Although the embodiment of the utility model has been disclosed as above, it is not limited to the use listed in the specification and implementation, it can be applied to various fields suitable for the utility model, and for those familiar with the art, it can be Further modifications can readily be effected, so the invention is not limited to the specific details and examples shown and described herein without departing from the general concept defined by the claims and their equivalents.

Claims (7)

1. A power plant system based on solid hydrogen technology, comprising:

The solid hydrogen generating device comprises a parallel type hydrogen generating device (1), and a water pump (5), solid hydrogen (6), a pressure detector (4), a temperature detector (7) and a water circulating cooling system (3) are communicated with the parallel type hydrogen generating device (1) in parallel; and

A fuel cell device for generating electricity comprises a serial fuel cell set (2), an air compressor (10), a cooling system (9) and a hydrogen circulating system (8) which are communicated with the serial fuel cell set (2) in parallel,

The parallel hydrogen generation device (1) comprises a plurality of hydrogen generation cabins, the parallel hydrogen generation device (1) is provided with a concentration pipeline, each hydrogen generation cabin is communicated with the concentration pipeline in a parallel mode, each hydrogen generation cabin is provided with a pressure detector (4) and a temperature detector (7), and the parallel hydrogen generation device (1) is connected to the serial fuel cell set (2) through a pipeline provided with a humidity detector (14).

2. the power plant system based on the solid hydrogen technology according to claim 1, characterized in that the parallel hydrogen generating device (1) is connected with the water pump (5) through a pipeline with a water valve, and the parallel hydrogen generating device (1) is communicated with the solid hydrogen (6) and the water circulation cooling system (3) in parallel.

3. The solid hydrogen technology-based power station system according to claim 2, wherein the tandem fuel cell stack (2) is provided with a hydrogen inlet and a hydrogen outlet at the top end inside, one end of the hydrogen circulation system (8) is connected to the hydrogen inlet, the other end is connected to the hydrogen outlet, and a hydrogen detector is arranged in the hydrogen circulation system (8).

4. A solid hydrogen technology based power plant system according to claim 1, characterized in that the tandem fuel cell stack (2) comprises a plurality of small fuel cell stacks which connect the current to the current rectifying means in series.

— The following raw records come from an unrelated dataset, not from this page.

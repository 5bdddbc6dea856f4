-- ===== src/AutonomousTrigger.antt =====
-- AutonomousTrigger (core/autonomous_trigger.cc): rules on system events, their cooldown, and the
-- rate limit of the evaluations by the model.
pub mod Defs
pub mod Load
mod Lifecycle
mod Conditions
mod Cooldown
mod Threads
mod Tests
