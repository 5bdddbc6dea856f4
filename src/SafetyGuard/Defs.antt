-- ===== src/SafetyGuard/Defs.antt =====
-- The state of SafetyGuard (core/safety_guard.hh), and what it takes from C++'s double.
use claw.Base.{String, Bool, Option, List}
use claw.Base.Int.{ℤ}
use claw.Base.Dict.{Dict}
use claw.Json.{JsonLib}

-- double is a parameter: `lt` is its `<`, `stod` is std::stod with `none` for a throw, `to_string`
-- is std::to_string.
pub record Doubles (json : JsonLib) : Type 1 where
  pub Double : Type 0
  pub zero : Double
  pub lt : Double → Double → Bool
  pub to_string : Double → String
  pub stod : String → Option Double
  pub is_number : json.Json → Bool
  pub get_double : json.Json → Option Double

pub data UserRole : Type 0 where
  guest child member admin : UserRole

pub record SafetyBound (D : Type 0) : Type 0 where
  pub param_name : String
  pub min_value : D
  pub max_value : D
  pub unit : String
  pub description : String

pub record ActionRateRule : Type 0 where
  pub max_calls : ℤ
  pub window_seconds : ℤ

pub record DeviceProfile : Type 0 where
  pub device_type : String
  pub capabilities : List String
  pub excluded_tools : List String

pub record SafetyCheckResult : Type 0 where
  pub allowed : Bool
  pub requires_confirmation : Bool
  pub reason : String
  pub safe_value : String

pub record SafetyGuard (D : Type 0) : Type 0 where
  pub bounds : Dict String (List (SafetyBound D))
  pub rate_rules : Dict String ActionRateRule
  pub rate_history : Dict String (List ℤ)
  pub confirmation_tools : List String
  pub child_restricted_tools : List String
  pub guest_restricted_tools : List String
  pub device_profile : DeviceProfile
  pub config_loaded : Bool
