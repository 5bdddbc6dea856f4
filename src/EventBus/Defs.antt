-- ===== src/EventBus/Defs.antt =====
-- The state of an EventBus and its methods. Each method holds its mutex throughout, so that it is
-- one step; DispatchLoop takes one event at a time and calls the subscribers of that moment with no
-- mutex held, so that what a callback does to the bus are steps that follow.
use claw.Base.{
  ℕ, suc, String, Bool, true, false, not, ◌||◌, Option, none, some, List, [], ◌∷◌, ◌++◌, length,
  drop, keep_if, leb, ◌==◌, string_eq, nat_eq, if◌then◌else◌,
}
use claw.Base.Int.{ℤ}

pub data EventType : Type 0 where
  app_lifecycle network_changed battery_changed display_changed package_changed memory_warning
        system_setting usb_changed bluetooth_changed location_changed recent_app custom :
      EventType

-- Equality of two values of the enum, by their numbers.
abbrev pub index : EventType → ℕ
index app_lifecycle = 0
index network_changed = 1
index battery_changed = 2
index display_changed = 3
index package_changed = 4
index memory_warning = 5
index system_setting = 6
index usb_changed = 7
index bluetooth_changed = 8
index location_changed = 9
index recent_app = 10
index custom = 11

abbrev pub same_type : EventType → EventType → Bool
same_type a b = index a == index b

pub record SystemEvent (J : Type 0) : Type 0 where
  pub type : EventType
  pub source : String
  pub name : String
  pub payload : J
  pub timestamp : ℕ
  pub plugin_id : String

pub record EventSchema (J : Type 0) : Type 0 where
  pub name : String
  pub description : String
  pub data_schema : J

pub record EventSourceDescriptor (J : Type 0) : Type 0 where
  pub name : String
  pub plugin_id : String
  pub type : String
  pub version : String
  pub collect_method : String
  pub poll_interval_sec : ℤ
  pub events : List (EventSchema J)

pub record Subscription (C : Type 0) : Type 0 where
  pub id : ℕ
  pub type : EventType
  pub match_all : Bool
  pub callback : C

abbrev pub max_queue_size : ℕ
max_queue_size = 100

pub record EventBus (J C : Type 0) : Type 0 where
  pub queue : List (SystemEvent J)
  pub subscribers : List (Subscription C)
  pub next_sub_id : ℕ
  pub event_sources : List (EventSourceDescriptor J)
  pub running : Bool

module _ {J : Type 0} where
  abbrev pub stamped : ℕ → SystemEvent J → SystemEvent J
  stamped now event = if event.timestamp == 0 then record event { timestamp = now } else event

  -- Bounded queue: drop oldest if full.
  unfoldable pub enqueue : List (SystemEvent J) → SystemEvent J → List (SystemEvent J)
  enqueue queue event =
      (if leb max_queue_size (length queue) then drop 1 queue else queue) ++ (event ∷ [])

module _ {J C : Type 0} where
  abbrev pub new : EventBus J C
  new = record {
    queue = [];
    subscribers = [];
    next_sub_id = 1;
    event_sources = [];
    running = false;
  }

  unfoldable pub publish : EventBus J C → ℕ → SystemEvent J → EventBus J C
  publish bus now event = record bus { queue = enqueue bus.queue (stamped now event) }

  abbrev add_subscription : EventBus J C → EventType → Bool → C → EventBus J C × ℕ
  add_subscription bus type match_all callback = (
    record bus {
      next_sub_id = suc bus.next_sub_id;
      subscribers =
          bus.subscribers
          ++ (record {
            id = bus.next_sub_id;
            type = type;
            match_all = match_all;
            callback = callback;
          }
              ∷ []);
    },
    bus.next_sub_id,
  )

  unfoldable pub subscribe : EventBus J C → EventType → C → EventBus J C × ℕ
  subscribe bus type callback = add_subscription bus type false callback

  unfoldable pub subscribe_all : EventBus J C → C → EventBus J C × ℕ
  subscribe_all bus callback = add_subscription bus custom true callback

  unfoldable pub unsubscribe : EventBus J C → ℕ → EventBus J C
  unsubscribe bus subscription_id = record bus {
    subscribers = keep_if (λ s. not (s.id == subscription_id)) bus.subscribers;
  }

  unfoldable pub unregister_event_source : EventBus J C → String → EventBus J C
  unregister_event_source bus source_name = record bus {
    event_sources = keep_if (λ d. not (d.name == source_name)) bus.event_sources;
  }

  unfoldable pub register_event_source : EventBus J C → EventSourceDescriptor J → EventBus J C
  register_event_source bus desc = record bus {
    event_sources = keep_if (λ d. not (d.name == desc.name)) bus.event_sources ++ (desc ∷ []);
  }

  abbrev pub wants : SystemEvent J → Subscription C → Bool
  wants event sub = sub.match_all || same_type sub.type event.type

  -- One turn of DispatchLoop that takes an event: the event, and the subscriptions that are called
  -- with it in this order. A callback that throws is caught, and the next one is called.
  unfoldable pub dispatch :
      EventBus J C → EventBus J C × Option (SystemEvent J × List (Subscription C))
  dispatch bus = elim bus.queue [
    | [] ↦ (bus, none)
    | event ∷ rest ↦
        (record bus { queue = rest }, some (event, keep_if (wants event) bus.subscribers))
  ]

  -- The events that are in the queue stay there.
  abbrev pub start : EventBus J C → EventBus J C
  start bus = record bus { running = true }

  abbrev pub stop : EventBus J C → EventBus J C
  stop bus = record bus { running = false }
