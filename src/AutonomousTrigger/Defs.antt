-- ===== src/AutonomousTrigger/Defs.antt =====
-- The state and the methods of AutonomousTrigger. The clock, in minutes, is an argument of each
-- method: one OnEvent reads it within one minute. A detached thread that a rule starts is a value,
-- and what the thread does, given the answer of the agent, is a function of its own.
use claw.Base.{
  ℕ, suc, ◌/◌, String, ◌⧺◌, Bool, true, false, not, ◌&&◌, Option, none, some, List, [], ◌∷◌, ◌==◌,
  string_eq, nat_eq, if◌then◌else◌,
}
use claw.Base.Int.{ℤ, pos, sub_ℕ, ltb_ℤ, leb_ℤ}
use claw.Base.Dict.{Dict, lookup, insert}
use claw.Json.{JsonLib}
use claw.SafetyGuard.Defs.{Doubles}
use claw.EventBus.Defs.{SystemEvent}

pub record EventRule (J : Type 0) : Type 0 where
  pub name : String
  pub event_type : String
  pub condition : J
  pub cooldown_minutes : ℤ
  pub action : String
  pub direct_prompt : String

pub record Trigger (J : Type 0) : Type 0 where
  pub rules : List (EventRule J)
  pub last_trigger : Dict String ℕ
  pub hour_start : ℕ
  pub eval_count : ℕ
  pub max_evals_per_hour : ℤ
  pub enabled : Bool
  pub eval_session : String
  pub notification_channel : String
  -- -1 is `none`
  pub subscription_id : Option ℕ
  pub started : Bool

-- A detached thread: ExecuteAction("execute", prompt, reason) or EvaluateWithLlm(rule, event).
pub data Task (J : Type 0) : Type 0 where
  execute : EventRule J → String → String → Task J
  evaluate : EventRule J → SystemEvent J → Task J

abbrev pub rule_of : {J : Type 0} → Task J → EventRule J
rule_of (execute rule prompt reason) = rule
rule_of (evaluate rule event) = rule

module _ {J : Type 0} where
  unfoldable pub cooldown_of : List (EventRule J) → String → ℤ
  cooldown_of [] rule_name = pos 10
  cooldown_of (r ∷ rules) rule_name =
      if r.name == rule_name then r.cooldown_minutes else cooldown_of rules rule_name

  unfoldable pub is_cooling_down : Trigger J → String → ℕ → Bool
  unfolding cooldown_of
  is_cooling_down t rule_name now = elim (lookup rule_name t.last_trigger) [
    | none ↦ false
    | some last ↦ ltb_ℤ (sub_ℕ now last) (cooldown_of t.rules rule_name)
  ]

  unfoldable pub record_trigger : Trigger J → String → ℕ → Trigger J
  record_trigger t rule_name now = record t { last_trigger = insert rule_name now t.last_trigger }

  unfoldable pub check_rate_limit : Trigger J → ℕ → Trigger J × Bool
  check_rate_limit t now =
      let t' =
        if now / 60 == t.hour_start / 60
        then t
        else record t { hour_start = now; eval_count = 0 } in
      if leb_ℤ t'.max_evals_per_hour (pos t'.eval_count)
      then (t', false)
      else (record t' { eval_count = suc t'.eval_count }, true)

module _ (json : JsonLib) (doubles : Doubles json) where
  open json use {Json, is_object, is_empty, at, items, equal}
  open doubles use {is_number, get_double, lt}

  -- Two numbers that stand in the way: `bad a b` is asked of val.get<double>() and
  -- expected.get<double>().
  abbrev pub refuted : (doubles.Double → doubles.Double → Bool) → Json → Json → Bool
  refuted bad val expected =
      if is_number val && is_number expected
      then (elim (get_double val) [
        | none ↦ false
        | some a ↦ elim (get_double expected) [ none ↦ false | some b ↦ bad a b ]
      ])
      else false

  -- The body of the loop over the operators of a key: false where it returns false. The order of
  -- double is total but for NaN, which JSON cannot write: a >= b is that a < b does not hold.
  unfoldable pub holds_op : Json → String → Json → Bool
  holds_op val op expected =
      if op == "$eq"
      then equal val expected
      else if op == "$lt"
      then not (refuted (λ a b. not (lt a b)) val expected)
      else if op == "$gt"
      then not (refuted (λ a b. not (lt b a)) val expected)
      else if op == "$lte"
      then not (refuted (λ a b. lt b a) val expected)
      else if op == "$gte"
      then not (refuted (λ a b. lt a b) val expected)
      else true

  unfoldable pub holds_ops : Json → List (String × Json) → Bool
  holds_ops val [] = true
  holds_ops val ((op, expected) ∷ rest) =
      if holds_op val op expected then holds_ops val rest else false

  unfoldable pub eval_keys : List (String × Json) → Json → Bool
  eval_keys [] data_ = true
  eval_keys ((key, ops) ∷ rest) data_ =
      let later = eval_keys rest data_ in
      elim (at data_ key) [
        | none ↦ false
        | some val ↦
            if is_object ops
            then (if holds_ops val (items ops) then later else false)
            else if equal val ops
            then later
            else false
      ]

  abbrev pub eval_condition : Json → Json → Bool
  eval_condition condition data_ = eval_keys (items condition) data_

  unfoldable pub match_rule : EventRule Json → SystemEvent Json → Bool
  match_rule rule event =
      if not (event.name == rule.event_type)
      then false
      else if is_empty rule.condition
      then true
      else eval_condition rule.condition event.payload

  abbrev pub direct_prompt_of : EventRule Json → SystemEvent Json → String
  direct_prompt_of rule event =
      if rule.direct_prompt == ""
      then "Event '" ⧺ (event.name ⧺ "' occurred. Please respond.")
      else rule.direct_prompt

  -- The body of OnEvent for one rule.
  unfoldable pub on_rule :
      Trigger Json → EventRule Json → SystemEvent Json → ℕ → Trigger Json × Option (Task Json)
  on_rule t rule event now =
      if not (match_rule rule event)
      then (t, none)
      else if is_cooling_down t rule.name now
      then (t, none)
      else (let t' = record_trigger t rule.name now in
          if rule.action == "direct"
          then (t', some (execute rule (direct_prompt_of rule event) ("direct_rule:" ⧺ rule.name)))
          else if rule.action == "evaluate"
          then (let (t'', granted) = check_rate_limit t' now in
              (t'', if granted then some (evaluate rule event) else none))
          else (t', none))

  abbrev collect : Option (Task Json) → List (Task Json) → List (Task Json)
  collect none tasks = tasks
  collect (some task) tasks = task ∷ tasks

  unfoldable pub on_rules :
      List (EventRule Json) → Trigger Json → SystemEvent Json → ℕ → Trigger Json × List (Task Json)
  on_rules [] t event now = (t, [])
  on_rules (rule ∷ rest) t event now =
      let (t', task) = on_rule t rule event now in
      let (t'', tasks) = on_rules rest t' event now in (t'', collect task tasks)

  abbrev pub on_event : Trigger Json → SystemEvent Json → ℕ → Trigger Json × List (Task Json)
  on_event t event now = on_rules t.rules t event now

5. The solid hydrogen technology based power plant system according to claim 4, characterized in that the current rectifying means comprise a DC/DC (11), an inverter (12) and a transformer (13).

6. the solid hydrogen technology based power plant system according to claim 5, characterized in that the DC/DC (11) is connected to an electric vehicle, the inverter (12) is connected to civil and industrial use, the transformer (13) is connected to the inverter (12) by an electric connection, and the transformer (13) is connected to a remote supply.

7. the solid hydrogen technology-based power plant system according to claim 3, further comprising a control system, to which a pressure detector (4), a temperature detector (7), a humidity detector (14), the hydrogen detector and the water valve are connected.